**Input material:**
----------------
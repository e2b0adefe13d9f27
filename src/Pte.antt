-- ===== src/Pte.antt =====
-- src/memory/pagetable/pte.rs
mod Defs
pub mod Bits
pub mod Entry
unfoldable pub use Defs.*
----------------
**About this exercise:**
From the first line to the last, restate the data above exactly.

**Response:**
repository e2b0adefe13d9f27
filename src/Pte.antt
-- ===== src/Pte.antt =====
-- src/memory/pagetable/pte.rs
mod Defs
pub mod Bits
pub mod Entry
unfoldable pub use Defs.*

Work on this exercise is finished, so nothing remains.